WORK INSTRUCTION
Go over the data and copy out each line with "Prelude" in it.

|---|

abbrev env : Bool → Environment Text (GoMap Text)
env include_manual = record {
  include_manual = include_manual;
  analyze_on = on_any_change;
  ignore_paths = [];
  xr_synthesis_suffix = codes "suffix";
  api = api;
  lib = lib;
  at = at;
  labels = labels;
  deletion_timestamp = λ o. none;
  source = source;
  to_composition = λ o. ok composition;
  find_matching_composition = λ o. err (leaf (codes "none"));
  diff_single_resource = λ provider xr. ok ((codes "k", diff) ∷ []);
}

-- A composite that is pinned.
abbrev pinned : Fields
pinned = entry (codes "kind") (string (codes "XBucket")) (
    entry (codes "spec")
      (object (entry (codes "compositionUpdatePolicy") (string (codes "Manual")) end)) end)

partition-Parted_example :
    Parted api at labels
      (λ o. none)
      false
      (predicted_revision_labels api altered)
      (labels_or_empty (api.get_labels altered))
      (bucket ∷ [])
      (bucket ∷ [])
      []
    × (length (bucket ∷ []) ≡ length (bucket ∷ []) + total (count_filter_reasons []))
unfolding partition_xrs_by_update_policy partition_from classify_xr xr_update_policy
    nested_crossplane_string nested_crossplane_value first_found get_crossplane_ref_paths text_eq
    string_in get as_string_at classify_by_policy xr_revision_selector_match xr_revision_selector
    selector_under_policy nested_crossplane_map predicted_revision_labels copy insert lookup
    describe_selector_mismatch parsed_selector selector_referenced_keys surfaced field_at join_with
    as_map_at has_all
partition-Parted_example =
    partition-Parted api at labels (λ o. none) false (bucket ∷ []) (bucket ∷ []) [] altered refl

abbrev or_else {ℓ} : {A : Type ℓ} → Result A → A → A
or_else (ok a) b = a
or_else (err e) b = b
or_else panic b = b

abbrev nothing : CompositionDiff
nothing = failed_composition [] (leaf [])

abbrev of_changed : CompositionDiff
of_changed = or_else (process_single_composition (env false) altered (bucket ∷ []) true) nothing

abbrev of_pinned : CompositionDiff
of_pinned = or_else (process_single_composition (env true) altered (pinned ∷ []) true) nothing

abbrev of_original : CompositionDiff
of_original = or_else (process_single_composition (env false) original (bucket ∷ []) true) nothing

process-IsSummary_example :
    IsSummary 1 true of_changed.impact_analysis of_changed.affected_resources
unfolding process_single_composition calculate_composition_diff original_composition compared
    generate_diff fields_eq text_eq cleaned_equal cleanup_for_diff clean_fields remove
    clean_crossplane map_in get set_spec spec_map clean_metadata remove_nested_path contains
    has_suffix remove_bracket_path trim_suffix remove_map_key remove_key_of split set_in put
    clean_metadata_map remove_all strip_synthetic_name string_in looks_like_generated_name text_diff
    as_string clean_of from_texts fields_text one_piece described displayed process_compared
    partition_xrs_by_update_policy partition_from classify_xr xr_update_policy
    nested_crossplane_string nested_crossplane_value first_found get_crossplane_ref_paths
    as_string_at classify_by_policy count_filter_reasons count_from predicted_revision_labels
    all_failed apply_to build_from build_impact_analysis collect_from collect_xr_diffs
    composition_provider filtered_impact has_changes has_error impact_of result_of root_keys
    status_of analysed analysed_if report with_results changed composition_change_scope scope_text
    triggers_analysis undisplayed unmasked_comparison strip_paths diff_name diff_namespace
    equal_diff rendered_name remove_field copy has_key insert lookup has any_change reference
    nested_crossplane_map describe_selector_mismatch parsed_selector selector_referenced_keys
    selector_under_policy surfaced xr_revision_selector xr_revision_selector_match field_at cut
    cut_prefix has_prefix join_with generated_display_name has_generated_shape is_hex_digit
    is_lower_hex to_lower with_dash make_diff_key make_diff_key_from_resource as_map_at has_all
process-IsSummary_example =
    process-IsSummary (env false) altered (bucket ∷ []) true of_changed refl refl

process-changed_example :
    (of_changed.revision_impact.creates_revision ≡ true)
    × ((sorted : Sorted) × (partition (env false) (bucket ∷ []) altered ≡ ok sorted)
        × (of_changed.revision_impact.repointed_composites ≡ length sorted.0))
    × (((env false).analyze_on ≡ on_spec_change) ⊎ (of_changed.impact_analysis_skipped ≡ false))
unfolding original_composition generate_diff fields_eq text_eq cleaned_equal cleanup_for_diff
    clean_fields remove clean_crossplane map_in get set_spec spec_map clean_metadata set_in put
    clean_metadata_map remove_all strip_paths strip_synthetic_name as_string clean_of described
    diff_name diff_namespace equal_diff from_texts rendered_name text_diff remove_bracket_path
    remove_field remove_key_of remove_map_key remove_nested_path has field_at contains cut
    cut_prefix has_prefix has_suffix split trim_suffix generated_display_name has_generated_shape
    is_hex_digit is_lower_hex looks_like_generated_name to_lower with_dash string_in fields_text
    one_piece process_single_composition calculate_composition_diff compared displayed
    process_compared partition_xrs_by_update_policy partition_from classify_xr xr_update_policy
    nested_crossplane_string nested_crossplane_value first_found get_crossplane_ref_paths
    as_string_at classify_by_policy count_filter_reasons count_from predicted_revision_labels
    all_failed apply_to build_from build_impact_analysis collect_from collect_xr_diffs
    composition_provider filtered_impact has_changes has_error impact_of result_of root_keys
    status_of analysed analysed_if report with_results changed composition_change_scope scope_text
    triggers_analysis undisplayed unmasked_comparison copy has_key insert lookup any_change
    reference nested_crossplane_map describe_selector_mismatch parsed_selector
    selector_referenced_keys selector_under_policy surfaced xr_revision_selector
    xr_revision_selector_match join_with make_diff_key make_diff_key_from_resource as_map_at has_all
process-changed_example =
    process-changed (env false) altered (bucket ∷ []) true (some original) of_changed refl
      (
        or_else
            (generate_diff (codes "suffix") api lib (some original) (some altered)
              (options [] true))
            diff,
        refl,
        refl,
      )
      refl

process-same_example :
    (of_original.revision_impact.creates_revision ≡ false)
    × (of_original.revision_impact.repointed_composites ≡ 0)
    × (of_original.composition_diff ≡ none)
    × (of_original.masked_changes_only ≡ false)
    × (((env false).analyze_on ≡ on_always)
        ⊎ ((of_original.impact_analysis_skipped ≡ true) × (has_changes of_original ≡ false)))
unfolding original_composition fields_eq text_eq process_single_composition
    calculate_composition_diff compared generate_diff equal_diff displayed unmasked_comparison
    process_compared partition_xrs_by_update_policy partition_from classify_xr xr_update_policy
    nested_crossplane_string nested_crossplane_value first_found get_crossplane_ref_paths string_in
    get as_string_at classify_by_policy xr_revision_selector_match xr_revision_selector
    selector_under_policy nested_crossplane_map as_map_at parsed_selector has_all analysed_if
    triggers_analysis undisplayed composition_change_scope
process-same_example =
    process-same (env false) original (bucket ∷ []) true original of_original refl refl refl

process-pinned_example : of_pinned.revision_impact.repointed_composites ≡ 1
unfolding xr_update_policy nested_crossplane_string nested_crossplane_value first_found
    get_crossplane_ref_paths text_eq string_in get as_string_at original_composition generate_diff
    fields_eq cleaned_equal cleanup_for_diff clean_fields remove clean_crossplane clean_metadata
    clean_metadata_map remove_all set_spec spec_map strip_paths strip_synthetic_name as_string
    clean_of described diff_name diff_namespace equal_diff from_texts rendered_name text_diff
    remove_bracket_path remove_field remove_key_of remove_map_key remove_nested_path has field_at
    contains cut cut_prefix has_prefix has_suffix join_with split trim_suffix generated_display_name
    has_generated_shape is_hex_digit is_lower_hex looks_like_generated_name to_lower with_dash
    map_in set_in put fields_text one_piece process_single_composition calculate_composition_diff
    compared displayed process_compared partition_xrs_by_update_policy partition_from classify_xr
    classify_by_policy analysed_if triggers_analysis composition_change_scope count_filter_reasons
    count_from predicted_revision_labels all_failed apply_to build_from build_impact_analysis
    collect_from collect_xr_diffs composition_provider filtered_impact has_changes has_error
    impact_of result_of root_keys status_of analysed report with_results changed scope_text
    undisplayed unmasked_comparison copy has_key insert lookup any_change reference
    nested_crossplane_map describe_selector_mismatch parsed_selector selector_referenced_keys
    selector_under_policy surfaced xr_revision_selector xr_revision_selector_match make_diff_key
    make_diff_key_from_resource
process-pinned_example =
    process-pinned (env true) altered (pinned ∷ []) true (some original) of_pinned refl
      ((refl, refl), tt) refl
      (
        or_else
            (generate_diff (codes "suffix") api lib (some original) (some altered)
              (options [] true))
            diff,
        refl,
        refl,
      )
      refl
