-- ===== src/Engine/Walk/Publishing.antt =====
-- What publishing a result leaves in the walk's values.
use fancy_flow_rs.Prelude.{
  List, [], ◌∷◌, String, Bool, some, if◌then◌else◌, ◌==◌, ◌≡◌, inl, inr, refl, arith, eq_iff,
  eq_refl, ==-cases, ne→==-false, ◌<>◌,
}
use text.Mathlib.TextLemmas.{append_cancel_left}
use fancy_flow_rs.Prelude.BTreeMap
use fancy_flow_rs.Prelude.BTreeMap.{BTreeMap, get-insert}
use fancy_flow_rs.Platform.{Platform}
use fancy_flow_rs.Schema.{FlowNode}
use fancy_flow_rs.Registry.KindId.{contains}
use fancy_flow_rs.Engine.Activation.{Activation, activated_ports}
use fancy_flow_rs.Engine.Walk.{Setup, Walk, publish, publish_ports, publish_port, port_key, carried}

-- One node's ports have keys of their own.
port_key-cancel : (id p q : String) → port_key id p ≡ port_key id q → p ≡ q
unfolding port_key
port_key-cancel id p q e =
    append_cancel_left ":" p q (append_cancel_left id (":" <> p) (":" <> q) e)

port_key-test : (id p q : String) → (port_key id p == port_key id q) ≡ (p == q)
port_key-test id p q = elim (==-cases p q) [
  | inl (same, e) ↦ rw e (rw same (eq_refl (port_key id q)))
  | inr (other, e) ↦
      rw e (ne→==-false (port_key id p) (port_key id q) (λ k. other (port_key-cancel id p q k)))
]

module _ ⦃P : Platform⦄ where
  open P use {Value}

  get-publish_ports :
      (a : Activation) (id : String) (ports : List String) (walk : Walk) (port : String)
      → BTreeMap.get (publish_ports a id ports walk).port_values (port_key id port) ≡ (
          if contains ports port
          then some (carried a port)
          else BTreeMap.get walk.port_values (port_key id port))
  unfolding publish_ports publish_port contains
  get-publish_ports a id [] walk port = refl
  get-publish_ports a id (p ∷ ports) walk port = ground (
    arith,
    get-publish_ports a id ports (publish_port a id p walk) port,
    get-insert walk.port_values (port_key id p) (carried a p) (port_key id port),
    port_key-test id p port,
    eq_iff p port,
  )

  publish_ports_outputs :
      (a : Activation) (id : String) (ports : List String) (walk : Walk)
      → (publish_ports a id ports walk).outputs ≡ walk.outputs
  unfolding publish_ports publish_port
  publish_ports_outputs a id [] walk = refl
  publish_ports_outputs a id (p ∷ ports) walk =
      publish_ports_outputs a id ports (publish_port a id p walk)

  -- After a result of a node is published, each port of the node that the result activates holds what
  -- the result carries on it, each other port of the node holds what it held before, and the outputs
  -- have the result as it was returned.
  pub get-publish :
      (s : Setup) (node : FlowNode) (result : Value) (resumed : Bool) (walk : Walk) (port : String)
      → (BTreeMap.get (publish s node result resumed walk).port_values (port_key node.id port) ≡ (
          if contains (activated_ports s.kinds node result).ports port
          then some (carried (activated_ports s.kinds node result) port)
          else BTreeMap.get walk.port_values (port_key node.id port)))
        × (BTreeMap.get (publish s node result resumed walk).outputs node.id ≡ some result)
  unfolding publish
  get-publish s node result resumed walk port =
      let a = activated_ports s.kinds node result in
      let given = record walk { outputs = BTreeMap.insert walk.outputs node.id result } in
      (
        get-publish_ports a node.id a.ports given port,
        ground (
          arith,
          publish_ports_outputs a node.id a.ports given,
          get-insert walk.outputs node.id result node.id,
          eq_refl node.id,
        ),
      )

|---|

WRITTEN RESPONSE
use fancy_flow_rs.Prelude.{
use fancy_flow_rs.Prelude.BTreeMap
use fancy_flow_rs.Prelude.BTreeMap.{BTreeMap, get-insert}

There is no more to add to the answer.